The reason they’re so hard to break is both to do with nature and nurture.
On the one hand, men have been programmed through evolution to be naturally wary of other males when it comes to our partners.
And on the other, they’ve been programmed by society to buy wholeheartedly into the Madonna-whore complex.
Social norms, behaviors, customs, TV shows, films, songs, etc. have all reaffirmed in our minds over the centuries that chaste women are the ones you marry, and promiscuous women are the ones you just have a bit of fun with.
In order to begin to release the grip the Madonna-whore complex currently has over your mind, it’s important to realize that it’s based on an absurd view of female sexuality and behavior.

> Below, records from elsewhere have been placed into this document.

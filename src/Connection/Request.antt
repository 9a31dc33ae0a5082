-- ===== src/Connection/Request.antt =====
-- `one_request`: every branch leaves the connection valid, and with room for the next read where it
-- stops the loop.
use redis_database_basic_imp.Prelude.{
  ℕ, ◌+◌, ◌%◌, ◌^◌, ◌≤◌, ◌<◌, ◌≡◌, ◌≢◌, ap, refl, inl, inr, ◌⊎◌, Bool, true, false, Bool-cases,
  Option, none, some, List, [], ◌∷◌, ◌++◌, arith, ltb, leb, ◌==◌, length, length-append,
  length-drop, drop, All,
}
use redis_database_basic_imp.Prelude.Bytes.{Bytes, le32, length-le32}
use redis_database_basic_imp.Prelude.Run.{Run, Returns, Returns-bind, ◌>>=◌}
use redis_database_basic_imp.Serialisation.{out_err}
use redis_database_basic_imp.Request.{parse_req, k_max_msg}
use redis_database_basic_imp.Request.Sound.{parse_req-IsParsed, All-drop, load32-some}
use redis_database_basic_imp.Connection.{
  State, state_req, state_res, state_end, in_req, Conn, buf_cap, Kernel, limited, answered,
  run_request, parsed, one_request, res_ok,
}
use redis_database_basic_imp.Connection.Step.{IsKernel, IsConn, HasRoom}
use redis_database_basic_imp.Connection.Flush.{Stopped, stateres-Stopped}

State-cases : (s : State) → (s ≡ state_req) ⊎ (s ≡ state_res) ⊎ (s ≡ state_end)
State-cases state_req = inl refl
State-cases state_res = inr (inl refl)
State-cases state_end = inr (inr refl)

end≢req : state_end ≢ state_req
end≢req e = absurd (grind arith)

res≢req : state_res ≢ state_req
res≢req e = absurd (grind arith)

pub All-append {ℓ κ} :
    {A : Type ℓ} (P : A → Type κ) (xs ys : List A) → All P xs → All P ys → All P (xs ++ ys)
All-append P [] ys h k = k
All-append P (x ∷ xs) ys h k = (h.0, All-append P xs ys h.1 k)

-- The response always fits the write buffer.
limited-fits : (out : Bytes) → 4 + length (limited out) ≤ k_max_msg
unfolding out_err le32
limited-fits out = elim (Bool-cases (ltb k_max_msg (4 + length out))) [
  | inl big ↦ rw big (omega arith)
  | inr fits ↦ rw fits (ground arith)
]

module _ {W : Type 0} (kernel : Kernel W) (budget : W → ℕ) (law : IsKernel kernel budget)
    {G : Type 0} (do_request : List Bytes → Bytes → G → Run (ℕ × (Bytes × G))) (IsGood : G → Type 0)
    (serves : (cmd : List Bytes) (g : G)
      → IsGood g
      → Returns (λ r. IsGood r.1.1) (do_request cmd [] g)) where
  -- Where the handling of a readable connection stops.
  pub record Rested (b : ℕ) (r : Conn × (G × W)) : Type 0 where
    pub conn : IsConn r.0
    pub room : HasRoom r.0
    pub good : IsGood r.1.0
    pub less : budget r.1.1 ≤ b

  -- It goes on in the request state.
  pub record Ready (b : ℕ) (r : Conn × (G × W)) : Type 0 where
    pub conn : IsConn r.0
    pub req : r.0.state ≡ state_req
    pub good : IsGood r.1.0
    pub less : budget r.1.1 < b

  abbrev pub Served : ℕ → Bool × (Conn × (G × W)) → Type 0
  Served b (true, r) = Ready b r
  Served b (false, r) = Rested b r

  pub ended-Rested :
      (c : Conn) (b : ℕ) (g : G) (w : W)
      → IsConn c
      → IsGood g
      → budget w ≤ b
      → Rested b (record c { state = state_end }, (g, w))
  ended-Rested c b g w v good l = record {
    conn = record {
      bytes = v.bytes;
      read = v.read;
      written = v.written;
      sent = v.sent;
      idle = λ e. absurd (end≢req e);
    };
    room = inl refl;
    good = good;
    less = l;
  }

  answered-IsConn :
      (c : Conn) (len : ℕ) (out : Bytes)
      → IsConn c
      → c.state ≡ state_req
      → 4 + length out ≤ k_max_msg
      → IsConn (answered c len out)
  answered-IsConn c len out v e l = record {
    bytes = All-drop (λ b. b < 256) (4 + len) c.rbuf v.bytes;
    read = omega (arith, length-drop (4 + len) c.rbuf, v.read);
    written = omega (
      arith,
      length-append (le32 (length out % 2 ^ 32)) out,
      length-le32 (length out % 2 ^ 32),
      l,
    );
    sent = omega (arith, v.idle e);
    idle = λ q. absurd (res≢req q);
  }

  -- After the response was sent, or as much of it as the kernel took.
  sent-Served :
      (c : Conn) (b : ℕ) (g : G) (r : Conn × W)
      → IsGood g
      → length c.rbuf < buf_cap
      → Stopped kernel budget law c b r
      → Served b (in_req r.0.state, (r.0, (g, r.1)))
  sent-Served c b g r good room s = elim (State-cases r.0.state) [
    | inl q ↦ rw (ap in_req q) (record { conn = s.conn; req = q; good = good; less = s.paid q })
    | inr (inl q) ↦
        rw (ap in_req q)
          (record { conn = s.conn; room = inr (rw s.kept room); good = good; less = s.less })
    | inr (inr q) ↦
        rw (ap in_req q) (record { conn = s.conn; room = inl q; good = good; less = s.less })
  ]

  limited-leb : (out : Bytes) → leb (4 + length (limited out)) buf_cap ≡ true
  limited-leb out = ground (arith, limited-fits out)

  run_request-Served :
      (fuel : ℕ) (c : Conn) (len : ℕ) (cmd : List Bytes) (g : G) (w : W)
      → IsConn c
      → c.state ≡ state_req
      → IsGood g
      → 4 + len ≤ length c.rbuf
      → budget w < fuel
      → Returns (Served (budget w)) (run_request kernel do_request fuel c len cmd g w)
  unfolding run_request
  run_request-Served fuel c len cmd g w v e good inside l =
      Returns-bind (serves cmd g good) λ a good'. elim (Bool-cases (a.0 == res_ok)) [
        | inr bad ↦ (
          (false, (record c { state = state_end }, (a.1.1, w))),
          rw bad refl,
          ended-Rested c (budget w) a.1.1 w v good' (omega arith),
        )
        | inl fine ↦
            let out = limited a.1.0 in
            let c' = answered c len out in
            let (r, run, s) =
              stateres-Stopped kernel budget law fuel c' w
                (answered-IsConn c len out v e (limited-fits a.1.0)) refl l in
            (
              (in_req r.0.state, (r.0, (a.1.1, r.1))),
              rw (fine, limited-leb a.1.0, run) refl,
              sent-Served c' (budget w) a.1.1 r good'
                  (omega (arith, length-drop (4 + len) c.rbuf, v.read)) s,
            )
      ]

  parsed-Served :
      (fuel : ℕ) (c : Conn) (len : ℕ) (g : G) (w : W)
      → IsConn c
      → c.state ≡ state_req
      → IsGood g
      → 4 + len ≤ length c.rbuf
      → budget w < fuel
      → (cmd : Option (List Bytes))
      → Returns (Served (budget w)) (parsed kernel do_request fuel c len g w cmd)
  parsed-Served fuel c len g w v e good inside l none =
      (_, refl, ended-Rested c (budget w) g w v good (omega arith))
  parsed-Served fuel c len g w v e good inside l (some cmd) =
      run_request-Served fuel c len cmd g w v e good inside l

  parse-Served :
      (fuel : ℕ) (c : Conn) (len : ℕ) (g : G) (w : W)
      → IsConn c
      → c.state ≡ state_req
      → IsGood g
      → 4 + len ≤ length c.rbuf
      → len < 2 ^ 32
      → budget w < fuel
      → Returns
          (Served (budget w))
          (parse_req (drop 4 c.rbuf) len >>= λ cmd. parsed kernel do_request fuel c len g w cmd)
  parse-Served fuel c len g w v e good inside narrow l =
      Returns-bind
        (parse_req-IsParsed (drop 4 c.rbuf) len (All-drop (λ b. b < 256) 4 c.rbuf v.bytes)
          (omega (arith, length-drop 4 c.rbuf, inside)) narrow)
        λ cmd _. parsed-Served fuel c len g w v e good inside l cmd

  -- Nothing happens until more of the request is there.
  waiting-Rested :
      (c : Conn) (g : G) (w : W)
      → IsConn c
      → IsGood g
      → length c.rbuf < buf_cap
      → Rested (budget w) (c, (g, w))
  waiting-Rested c g w v good room = record {
    conn = v;
    room = inr room;
    good = good;
    less = omega arith;
  }

  pub one_request-Served :
      (fuel : ℕ) (c : Conn) (g : G) (w : W)
      → IsConn c
      → c.state ≡ state_req
      → IsGood g
      → budget w < fuel
      → Returns (Served (budget w)) (one_request kernel do_request fuel c g w)
  unfolding one_request
  one_request-Served fuel c g w v e good l = elim (Bool-cases (ltb (length c.rbuf) 4)) [
    | inl short ↦ ((false, (c, (g, w))), rw short refl, waiting-Rested c g w v good (ground arith))
    | inr four ↦
        let (len, load, _, _) = load32-some c.rbuf v.bytes (ground arith) in
        elim (Bool-cases (ltb k_max_msg len)) [
          | inl big ↦ (
            (false, (record c { state = state_end }, (g, w))),
            rw (four, load, big) refl,
            ended-Rested c (budget w) g w v good (omega arith),
          )
          | inr fits ↦ elim (Bool-cases (ltb (length c.rbuf) (4 + len))) [
            | inl part ↦ (
              (false, (c, (g, w))),
              rw (four, load, fits, part) refl,
              waiting-Rested c g w v good (ground arith),
            )
            | inr whole ↦
                let (r, run, p) =
                  parse-Served fuel c len g w v e good (ground arith) (ground arith) l in
                (r, rw (four, load, fits, whole) run, p)
          ]
        ]
  ]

For a start, no woman is either solely a Madonna or a whore. Every woman on earth has elements of both in her personality, and so to divide them all up into one or the other category is just silly.
The so-called Madonna is capable of cheating, kinky sex and “sleeping around”. Likewise, the so-called whore is capable of being faithful, engaging in boring sex and raising a family.
This may sound obvious to many of you, but you’d be surprised by the amount of guys I get posting messages on my blog or sending me emails about how if a girl has been with 30+ guys she could never be marriage material.
If you’re one of them, I suggest taking a look deep inside yourself and asking yourself if you’re being fair. Is it right to judge women for expressing their sexuality in much the same way as men have been doing for centuries?
With the advent of the sexual revolution in the 1960s and the subsequent availability of the pill, women were freed from the Madonna stereotype. Previously, men only had sex with “loose women” for fun, and would never marry them. But now, times have changed.
Women have since gone on to become sexually empowered and enjoy “sleeping around” just as much as the average guy. Is there anything wrong with this? Or are we being judgmental and stuck in the past to believe this isn’t how women should behave in the 21st century?
Realizing what’s going on in your head, how you’ve divided women up into two separate categories, and your unreasonable expectations of them, can certainly go a long way toward ending your Madonna-whore complex.
Reading this blog post may offer some momentary enlightenment and/or relief. However, as with retroactive jealousy ocd, it’s virtually impossible to stop a Madonna-whore complex simply by thinking about it.
The best approach to take is action.
When it comes to a Madonna-whore complex, it’s important to not lose sight of the fact that the girl you’ve married or intend to marry can be both a faithful homebody and a sexually adventurous being.
Embrace this fact by embracing sex and making sure your love life doesn’t grow stale. Use the opportunity to realize that a healthy sex life can coexist with a settled, loving relationship.
The last thing you want is to start craving the “whore” while remaining with the “Madonna” and end up having an affair.
I detail in my course “Overcoming Retroactive Jealousy 101” and book “The Ultimate Retroactive Jealousy Cure: How To Stop Being Jealous Of Your Partner’s Past in 12 Steps” just what actions you should be taking every single day to rid yourself of retroactive jealousy and a Madonna-whore complex.
Both products are full of practical, hands-on exercises that will help you reshape the way you think about female sexuality and, more importantly, yourself.
This is really interesting angle, hadn’t thought about this. Thank you Jeff.
Thank you for this insightful perspective. I have definitely fallen victim to this mentality & retroactive jealousy has been a problem with me in all my relationships. I’m not sure why or what the root is but I am seeking therapy to hopefully receive guidance from a professional to help me uncover these subconscious thoughts and feelings I have. My last girlfriend was a prostitute before we met and still struggled with falling back into that lifestyle while we were dating. My jealousy made me check her phone and accounts and I found out she had been selling porn of herself to random men online. This drastically and sadly changed the way I viewed her and her body. Even if she was honest to me about doing this for money, I don’t know if I would have been able to accept it.